BEGIN RECORDS TO PROCESS

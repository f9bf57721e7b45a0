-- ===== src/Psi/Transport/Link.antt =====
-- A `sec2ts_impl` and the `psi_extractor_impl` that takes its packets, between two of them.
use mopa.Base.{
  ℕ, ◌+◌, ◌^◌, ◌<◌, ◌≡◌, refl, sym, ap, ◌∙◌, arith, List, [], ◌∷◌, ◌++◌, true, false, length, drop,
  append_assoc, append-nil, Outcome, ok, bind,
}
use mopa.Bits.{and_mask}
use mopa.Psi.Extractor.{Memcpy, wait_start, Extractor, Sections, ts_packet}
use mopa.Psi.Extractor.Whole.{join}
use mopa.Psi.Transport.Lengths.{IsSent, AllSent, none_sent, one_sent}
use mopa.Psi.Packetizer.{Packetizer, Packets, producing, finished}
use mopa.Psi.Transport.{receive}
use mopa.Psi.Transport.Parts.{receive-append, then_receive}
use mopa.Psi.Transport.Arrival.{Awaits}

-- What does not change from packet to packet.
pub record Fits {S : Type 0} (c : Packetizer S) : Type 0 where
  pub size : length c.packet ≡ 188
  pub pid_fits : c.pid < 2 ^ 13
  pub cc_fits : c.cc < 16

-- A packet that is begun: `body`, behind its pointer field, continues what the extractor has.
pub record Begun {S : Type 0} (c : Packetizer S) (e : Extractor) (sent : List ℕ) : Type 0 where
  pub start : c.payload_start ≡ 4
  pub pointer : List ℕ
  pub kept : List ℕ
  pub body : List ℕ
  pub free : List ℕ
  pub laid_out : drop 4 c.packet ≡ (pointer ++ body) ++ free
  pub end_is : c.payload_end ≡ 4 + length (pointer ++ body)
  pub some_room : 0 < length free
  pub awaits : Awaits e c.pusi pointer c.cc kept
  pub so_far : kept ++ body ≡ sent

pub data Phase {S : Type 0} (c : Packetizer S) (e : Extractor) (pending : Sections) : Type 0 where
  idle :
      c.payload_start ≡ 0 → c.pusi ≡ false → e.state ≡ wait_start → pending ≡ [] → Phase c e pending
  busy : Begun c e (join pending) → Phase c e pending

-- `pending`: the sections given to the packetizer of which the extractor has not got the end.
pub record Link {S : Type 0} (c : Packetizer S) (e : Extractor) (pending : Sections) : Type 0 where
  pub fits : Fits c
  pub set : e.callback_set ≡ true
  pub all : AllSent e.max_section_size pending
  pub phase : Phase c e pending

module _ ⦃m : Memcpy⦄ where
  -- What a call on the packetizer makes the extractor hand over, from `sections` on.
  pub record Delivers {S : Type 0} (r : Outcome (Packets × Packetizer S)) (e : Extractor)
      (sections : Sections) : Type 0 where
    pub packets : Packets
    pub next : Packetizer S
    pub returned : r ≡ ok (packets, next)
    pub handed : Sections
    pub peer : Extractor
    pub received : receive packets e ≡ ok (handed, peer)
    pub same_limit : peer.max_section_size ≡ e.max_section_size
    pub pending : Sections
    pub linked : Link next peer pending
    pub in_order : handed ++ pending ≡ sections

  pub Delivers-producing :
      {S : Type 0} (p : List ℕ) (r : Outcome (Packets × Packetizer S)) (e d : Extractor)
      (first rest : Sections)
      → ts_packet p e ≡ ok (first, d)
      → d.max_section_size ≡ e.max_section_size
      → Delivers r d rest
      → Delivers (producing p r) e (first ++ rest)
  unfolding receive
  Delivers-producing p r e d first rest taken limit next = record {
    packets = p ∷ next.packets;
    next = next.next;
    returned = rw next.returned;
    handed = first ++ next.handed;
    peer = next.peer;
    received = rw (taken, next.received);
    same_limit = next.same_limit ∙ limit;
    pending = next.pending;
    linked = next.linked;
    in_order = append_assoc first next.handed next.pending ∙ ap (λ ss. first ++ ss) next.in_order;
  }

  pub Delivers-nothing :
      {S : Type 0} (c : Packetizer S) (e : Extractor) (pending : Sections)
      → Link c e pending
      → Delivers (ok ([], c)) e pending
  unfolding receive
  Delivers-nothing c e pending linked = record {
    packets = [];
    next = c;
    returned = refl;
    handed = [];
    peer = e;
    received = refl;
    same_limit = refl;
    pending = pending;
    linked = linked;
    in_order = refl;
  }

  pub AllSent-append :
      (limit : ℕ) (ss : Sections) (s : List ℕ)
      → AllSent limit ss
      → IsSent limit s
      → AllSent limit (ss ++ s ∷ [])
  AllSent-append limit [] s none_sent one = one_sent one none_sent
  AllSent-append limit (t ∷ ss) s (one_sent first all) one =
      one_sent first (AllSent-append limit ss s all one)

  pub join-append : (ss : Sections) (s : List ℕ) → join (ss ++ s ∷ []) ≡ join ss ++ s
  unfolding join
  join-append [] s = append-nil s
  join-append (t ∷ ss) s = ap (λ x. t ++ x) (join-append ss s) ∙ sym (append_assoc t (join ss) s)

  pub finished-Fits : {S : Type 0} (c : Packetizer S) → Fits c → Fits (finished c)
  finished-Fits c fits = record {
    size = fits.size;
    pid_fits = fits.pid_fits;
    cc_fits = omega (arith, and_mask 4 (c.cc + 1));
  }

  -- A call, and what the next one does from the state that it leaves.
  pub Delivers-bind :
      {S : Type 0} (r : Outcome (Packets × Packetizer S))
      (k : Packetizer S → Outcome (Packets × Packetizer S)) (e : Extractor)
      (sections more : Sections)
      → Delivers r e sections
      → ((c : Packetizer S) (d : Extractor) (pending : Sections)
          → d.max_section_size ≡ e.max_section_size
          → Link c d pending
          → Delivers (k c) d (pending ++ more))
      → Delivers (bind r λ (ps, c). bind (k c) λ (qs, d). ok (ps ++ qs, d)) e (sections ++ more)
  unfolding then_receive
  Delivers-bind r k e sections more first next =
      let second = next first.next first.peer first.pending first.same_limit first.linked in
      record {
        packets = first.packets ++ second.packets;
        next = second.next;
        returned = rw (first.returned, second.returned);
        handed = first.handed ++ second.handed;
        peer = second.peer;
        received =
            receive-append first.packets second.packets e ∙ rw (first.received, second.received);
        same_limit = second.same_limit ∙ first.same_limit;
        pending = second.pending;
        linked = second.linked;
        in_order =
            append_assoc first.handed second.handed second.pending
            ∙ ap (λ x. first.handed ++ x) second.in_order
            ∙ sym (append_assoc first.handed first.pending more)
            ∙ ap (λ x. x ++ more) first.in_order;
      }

END RECORDS TO PROCESS

INSTRUCTIONS FOR THE TASK> You are asked to transcribe the complete data exactly.

RESULT FOR THIS EXERCISE>
repository f9bf57721e7b45a0
-- ===== src/Psi/Transport/Link.antt =====
-- A `sec2ts_impl` and the `psi_extractor_impl` that takes its packets, between two of them.
use mopa.Base.{
  ℕ, ◌+◌, ◌^◌, ◌<◌, ◌≡◌, refl, sym, ap, ◌∙◌, arith, List, [], ◌∷◌, ◌++◌, true, false, length, drop,
  append_assoc, append-nil, Outcome, ok, bind,
}
use mopa.Bits.{and_mask}
use mopa.Psi.Extractor.{Memcpy, wait_start, Extractor, Sections, ts_packet}
use mopa.Psi.Extractor.Whole.{join}
use mopa.Psi.Transport.Lengths.{IsSent, AllSent, none_sent, one_sent}
use mopa.Psi.Packetizer.{Packetizer, Packets, producing, finished}
use mopa.Psi.Transport.{receive}
use mopa.Psi.Transport.Parts.{receive-append, then_receive}
use mopa.Psi.Transport.Arrival.{Awaits}

-- What does not change from packet to packet.
pub record Fits {S : Type 0} (c : Packetizer S) : Type 0 where
  pub size : length c.packet ≡ 188
  pub pid_fits : c.pid < 2 ^ 13
  pub cc_fits : c.cc < 16

-- A packet that is begun: `body`, behind its pointer field, continues what the extractor has.
pub record Begun {S : Type 0} (c : Packetizer S) (e : Extractor) (sent : List ℕ) : Type 0 where
  pub start : c.payload_start ≡ 4
  pub pointer : List ℕ
  pub kept : List ℕ
  pub body : List ℕ
  pub free : List ℕ
  pub laid_out : drop 4 c.packet ≡ (pointer ++ body) ++ free
  pub end_is : c.payload_end ≡ 4 + length (pointer ++ body)
  pub some_room : 0 < length free
  pub awaits : Awaits e c.pusi pointer c.cc kept
  pub so_far : kept ++ body ≡ sent

pub data Phase {S : Type 0} (c : Packetizer S) (e : Extractor) (pending : Sections) : Type 0 where
  idle :
      c.payload_start ≡ 0 → c.pusi ≡ false → e.state ≡ wait_start → pending ≡ [] → Phase c e pending
  busy : Begun c e (join pending) → Phase c e pending

-- `pending`: the sections given to the packetizer of which the extractor has not got the end.
pub record Link {S : Type 0} (c : Packetizer S) (e : Extractor) (pending : Sections) : Type 0 where
  pub fits : Fits c
  pub set : e.callback_set ≡ true
  pub all : AllSent e.max_section_size pending
  pub phase : Phase c e pending

module _ ⦃m : Memcpy⦄ where
  -- What a call on the packetizer makes the extractor hand over, from `sections` on.
  pub record Delivers {S : Type 0} (r : Outcome (Packets × Packetizer S)) (e : Extractor)
      (sections : Sections) : Type 0 where
    pub packets : Packets
    pub next : Packetizer S
    pub returned : r ≡ ok (packets, next)
    pub handed : Sections
    pub peer : Extractor
    pub received : receive packets e ≡ ok (handed, peer)
    pub same_limit : peer.max_section_size ≡ e.max_section_size
    pub pending : Sections
    pub linked : Link next peer pending
    pub in_order : handed ++ pending ≡ sections

  pub Delivers-producing :
      {S : Type 0} (p : List ℕ) (r : Outcome (Packets × Packetizer S)) (e d : Extractor)
      (first rest : Sections)
      → ts_packet p e ≡ ok (first, d)
      → d.max_section_size ≡ e.max_section_size
      → Delivers r d rest
      → Delivers (producing p r) e (first ++ rest)
  unfolding receive
  Delivers-producing p r e d first rest taken limit next = record {
    packets = p ∷ next.packets;
    next = next.next;
    returned = rw next.returned;
    handed = first ++ next.handed;
    peer = next.peer;
    received = rw (taken, next.received);
    same_limit = next.same_limit ∙ limit;
    pending = next.pending;
    linked = next.linked;
    in_order = append_assoc first next.handed next.pending ∙ ap (λ ss. first ++ ss) next.in_order;
  }

  pub Delivers-nothing :
      {S : Type 0} (c : Packetizer S) (e : Extractor) (pending : Sections)
      → Link c e pending
      → Delivers (ok ([], c)) e pending
  unfolding receive
  Delivers-nothing c e pending linked = record {
    packets = [];
    next = c;
    returned = refl;
    handed = [];
    peer = e;
    received = refl;
    same_limit = refl;
    pending = pending;
    linked = linked;
    in_order = refl;
  }

  pub AllSent-append :
      (limit : ℕ) (ss : Sections) (s : List ℕ)
      → AllSent limit ss
      → IsSent limit s
      → AllSent limit (ss ++ s ∷ [])
  AllSent-append limit [] s none_sent one = one_sent one none_sent
  AllSent-append limit (t ∷ ss) s (one_sent first all) one =
      one_sent first (AllSent-append limit ss s all one)

  pub join-append : (ss : Sections) (s : List ℕ) → join (ss ++ s ∷ []) ≡ join ss ++ s
  unfolding join
  join-append [] s = append-nil s
  join-append (t ∷ ss) s = ap (λ x. t ++ x) (join-append ss s) ∙ sym (append_assoc t (join ss) s)

  pub finished-Fits : {S : Type 0} (c : Packetizer S) → Fits c → Fits (finished c)
  finished-Fits c fits = record {
    size = fits.size;
    pid_fits = fits.pid_fits;
    cc_fits = omega (arith, and_mask 4 (c.cc + 1));
  }

  -- A call, and what the next one does from the state that it leaves.
  pub Delivers-bind :
      {S : Type 0} (r : Outcome (Packets × Packetizer S))
      (k : Packetizer S → Outcome (Packets × Packetizer S)) (e : Extractor)
      (sections more : Sections)
      → Delivers r e sections
      → ((c : Packetizer S) (d : Extractor) (pending : Sections)
          → d.max_section_size ≡ e.max_section_size
          → Link c d pending
          → Delivers (k c) d (pending ++ more))
      → Delivers (bind r λ (ps, c). bind (k c) λ (qs, d). ok (ps ++ qs, d)) e (sections ++ more)
  unfolding then_receive
  Delivers-bind r k e sections more first next =
      let second = next first.next first.peer first.pending first.same_limit first.linked in
      record {
        packets = first.packets ++ second.packets;
        next = second.next;
        returned = rw (first.returned, second.returned);
        handed = first.handed ++ second.handed;
        peer = second.peer;
        received =
            receive-append first.packets second.packets e ∙ rw (first.received, second.received);
        same_limit = second.same_limit ∙ first.same_limit;
        pending = second.pending;
        linked = second.linked;
        in_order =
            append_assoc first.handed second.handed second.pending
            ∙ ap (λ x. first.handed ++ x) second.in_order
            ∙ sym (append_assoc first.handed first.pending more)
            ∙ ap (λ x. x ++ more) first.in_order;
      }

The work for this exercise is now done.